Given entries below:

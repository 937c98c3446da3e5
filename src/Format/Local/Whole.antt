-- ===== src/Format/Local/Whole.antt =====
-- The whole of `format_local` against what it should link.
use fediway.Prelude.{
  ℕ, ◌+◌, ◌≡◌, refl, sym, ap, ◌∙◌, Bool, List, [], ◌∷◌, ◌++◌, append_assoc, append-nil, Option,
  none, some, map, flatten, All, All-append, get_elem?,
}
use fediway.Prelude.Signed.{codes}
use fediway.Format.Characters.{Text, size, size-append, split_char}
use fediway.Format.Matches.{Span, found, push_word_matches}
use fediway.Format.Matches.Scan.{words}
use fediway.Format.Matches.Scan.Loop.{push_word_matches-eq-words}
use fediway.Format.Matches.Scan.Places.{words-All-IsPlace}
use fediway.Format.Spans.{choose_spans}
use fediway.Format.Spans.Choice.{choose_spans-All, choose_spans-IsChain}
use fediway.Format.Spans.Render.{IsPlace, Rendered, assemble-Rendered, slice-between}
use fediway.Format.Links.{Mention, Tag, shortened_link, mention_html, tag_html}
use fediway.Format.Local.{push_links, push_mentions, push_tags, paragraphs, format_local}

-- The match is a part of the text, and its link can be shortened.
abbrev pub IsLinkable : Text → ℕ × ℕ → Type 0
IsLinkable text (start, end) =
    (a : Text) × (url : Text) × (b : Text) × (html : Text) × (a ++ (url ++ b) ≡ text)
    × (start ≡ size a)
    × (end ≡ size a + size url)
    × (shortened_link url ≡ some html)

abbrev link_spans :
    (text : Text) (matches : List (ℕ × ℕ)) → All (IsLinkable text) matches → List Span
link_spans text [] h = []
link_spans text ((start, end) ∷ rest) ((a, url, b, html, _, _, _, _), h) =
    record { start = start; end = end; html = html } ∷ link_spans text rest h

found-All :
    (text : Text) (domain : Option Text) (f : Text → List Span)
    → ((d : Text) → All (IsPlace text) (f d))
    → All (IsPlace text) (found domain [] f)
found-All text none f h = tt
found-All text (some d) f h = h d

flatten-map-All {ℓ κ μ} :
    {A : Type ℓ} {B : Type κ} (P : B → Type μ) (f : A → List B)
    → ((a : A) → All P (f a))
    → (xs : List A) → All P (flatten (map f xs))
unfolding flatten
flatten-map-All P f h [] = tt
flatten-map-All P f h (x ∷ xs) = All-append P (f x) _ (h x) (flatten-map-All P f h xs)

module _ (is_alphanumeric : ℕ → Bool) (find_iter : Text → List (ℕ × ℕ)) where
  push_links-link_spans :
      (text : Text) (matches : List (ℕ × ℕ)) (h : All (IsLinkable text) matches) (spans : List Span)
      → push_links is_alphanumeric find_iter text matches spans
        ≡ some (spans ++ link_spans text matches h)
  unfolding push_links
  push_links-link_spans text [] h spans = rw append-nil refl
  push_links-link_spans text ((start, end) ∷ rest) ((a, url, b, html, whole, from, to, short), h)
        spans =
      rw
        (
          slice-between a url b text (append_assoc a url b ∙ whole) (sym from)
              (size-append a url ∙ sym to),
          short,
        )
        (push_links-link_spans text rest h
            (spans ++ record { start = start; end = end; html = html } ∷ [])
          ∙ ap some (append_assoc spans _ (link_spans text rest h)))

  -- The words that a mention, or a tag, stands for in the text.
  abbrev mention_words : Text → Mention → List Span
  mention_words text mention =
      found (get_elem? (split_char b'@' mention.acct) 1) [] (λ domain.
        words is_alphanumeric (codes "@" ++ (mention.username ++ (codes "@" ++ domain)))
          (mention_html mention) text)
      ++ words is_alphanumeric (codes "@" ++ mention.username) (mention_html mention) text

  abbrev tag_words : Text → Text → Tag → List Span
  tag_words text instance_domain tag =
      words is_alphanumeric (codes "#" ++ tag.name) (tag_html tag instance_domain) text

  found-words :
      (text username html : Text) (domain : Option Text) (spans : List Span)
      → found domain (some spans) (λ d.
        push_word_matches is_alphanumeric text
          (codes "@" ++ (username ++ (codes "@" ++ d)))
          html
          spans)
        ≡ some (
            spans
            ++ found domain [] (λ d.
              words is_alphanumeric (codes "@" ++ (username ++ (codes "@" ++ d))) html text))
  found-words text username html none spans = rw append-nil refl
  found-words text username html (some d) spans =
      push_word_matches-eq-words is_alphanumeric text _ html spans

  push_mentions-words :
      (text : Text) (mentions : List Mention) (spans : List Span)
      → push_mentions is_alphanumeric find_iter text mentions spans
        ≡ some (spans ++ flatten (map (mention_words text) mentions))
  unfolding push_mentions flatten
  push_mentions-words text [] spans = rw append-nil refl
  push_mentions-words text (mention ∷ rest) spans =
      rw
        (
          found-words text mention.username (mention_html mention)
              (get_elem? (split_char b'@' mention.acct) 1) spans,
          push_word_matches-eq-words is_alphanumeric text (codes "@" ++ mention.username)
              (mention_html mention),
        )
        (push_mentions-words text rest _ ∙ ap some (simp append_assoc))

  push_tags-words :
      (text instance_domain : Text) (tags : List Tag) (spans : List Span)
      → push_tags is_alphanumeric find_iter text instance_domain tags spans
        ≡ some (spans ++ flatten (map (tag_words text instance_domain) tags))
  unfolding push_tags flatten
  push_tags-words text instance_domain [] spans = rw append-nil refl
  push_tags-words text instance_domain (tag ∷ rest) spans =
      rw
        (push_word_matches-eq-words is_alphanumeric text (codes "#" ++ tag.name)
          (tag_html tag instance_domain))
        (push_tags-words text instance_domain rest _ ∙ ap some (append_assoc spans _ _))

  -- All spans that the text calls for: its links, then the mentions, then the tags.
  abbrev pub text_spans :
      (text instance_domain : Text)
      → List Mention
      → List Tag
      → All (IsLinkable text) (find_iter text)
      → List Span
  text_spans text instance_domain mentions tags links =
      (link_spans text (find_iter text) links ++ flatten (map (mention_words text) mentions))
      ++ flatten (map (tag_words text instance_domain) tags)

  link_spans-All-IsPlace :
      (text : Text) (matches : List (ℕ × ℕ)) (h : All (IsLinkable text) matches)
      → All (IsPlace text) (link_spans text matches h)
  link_spans-All-IsPlace text [] h = tt
  link_spans-All-IsPlace text ((start, end) ∷ rest) ((a, url, b, html, whole, from, to, short), h) =
      ((a, url, b, whole, from, to), link_spans-All-IsPlace text rest h)

  mention_words-All-IsPlace :
      (text : Text) (mention : Mention) → All (IsPlace text) (mention_words text mention)
  mention_words-All-IsPlace text mention =
      All-append (IsPlace text) _ _
        (found-All text (get_elem? (split_char b'@' mention.acct) 1) _
          (λ d. words-All-IsPlace is_alphanumeric _ (mention_html mention) text))
        (words-All-IsPlace is_alphanumeric _ (mention_html mention) text)

  text_spans-All-IsPlace :
      (text instance_domain : Text) (mentions : List Mention) (tags : List Tag)
      (links : All (IsLinkable text) (find_iter text))
      → All (IsPlace text) (text_spans text instance_domain mentions tags links)
  text_spans-All-IsPlace text instance_domain mentions tags links =
      All-append (IsPlace text) _ _
        (All-append (IsPlace text) _ _ (link_spans-All-IsPlace text (find_iter text) links) (
          flatten-map-All (IsPlace text) (mention_words text) (mention_words-All-IsPlace text)
            mentions))
        (flatten-map-All (IsPlace text) (tag_words text instance_domain)
          (λ tag. words-All-IsPlace is_alphanumeric _ (tag_html tag instance_domain) text) tags)

  -- Where each link match is a part of the text whose link can be shortened, a local status is formatted
  -- without a panic: the chosen spans of its links, mentions and hashtags are rendered in their places,
  -- everything between them is escaped, and the paragraphs are put around the result.
  pub format_local-Rendered :
      (text instance_domain : Text) (mentions : List Mention) (tags : List Tag)
      (links : All (IsLinkable text) (find_iter text))
      → (out : Text) × (format_local is_alphanumeric find_iter text mentions tags instance_domain
          ≡ some (paragraphs out))
        × Rendered 0 text (choose_spans (text_spans text instance_domain mentions tags links)) out
  unfolding format_local
  format_local-Rendered text instance_domain mentions tags links =
      let spans = text_spans text instance_domain mentions tags links in
      let (out, run, rendered) =
        assemble-Rendered (choose_spans spans) [] text text [] refl refl
          (choose_spans-All (IsPlace text) spans
            (text_spans-All-IsPlace text instance_domain mentions tags links))
          (choose_spans-IsChain spans) in
      (
        out,
        rw
            (
              push_links-link_spans text (find_iter text) links [],
              push_mentions-words text mentions,
              push_tags-words text instance_domain tags,
              run,
            )
            refl,
        rendered,
      )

End of Given entries.

__Problem requirements__.
Copy exactly the opening line of the material, the line bearing "(text : Text) (matches : List (ℕ × ℕ)) →", and every line between them. Include nothing else.

__Result__.
repository 937c98c3446da3e5
filename src/Format/Local/Whole.antt
-- ===== src/Format/Local/Whole.antt =====
-- The whole of `format_local` against what it should link.
use fediway.Prelude.{
  ℕ, ◌+◌, ◌≡◌, refl, sym, ap, ◌∙◌, Bool, List, [], ◌∷◌, ◌++◌, append_assoc, append-nil, Option,
  none, some, map, flatten, All, All-append, get_elem?,
}
use fediway.Prelude.Signed.{codes}
use fediway.Format.Characters.{Text, size, size-append, split_char}
use fediway.Format.Matches.{Span, found, push_word_matches}
use fediway.Format.Matches.Scan.{words}
use fediway.Format.Matches.Scan.Loop.{push_word_matches-eq-words}
use fediway.Format.Matches.Scan.Places.{words-All-IsPlace}
use fediway.Format.Spans.{choose_spans}
use fediway.Format.Spans.Choice.{choose_spans-All, choose_spans-IsChain}
use fediway.Format.Spans.Render.{IsPlace, Rendered, assemble-Rendered, slice-between}
use fediway.Format.Links.{Mention, Tag, shortened_link, mention_html, tag_html}
use fediway.Format.Local.{push_links, push_mentions, push_tags, paragraphs, format_local}

-- The match is a part of the text, and its link can be shortened.
abbrev pub IsLinkable : Text → ℕ × ℕ → Type 0
IsLinkable text (start, end) =
    (a : Text) × (url : Text) × (b : Text) × (html : Text) × (a ++ (url ++ b) ≡ text)
    × (start ≡ size a)
    × (end ≡ size a + size url)
    × (shortened_link url ≡ some html)

abbrev link_spans :
    (text : Text) (matches : List (ℕ × ℕ)) → All (IsLinkable text) matches → List Span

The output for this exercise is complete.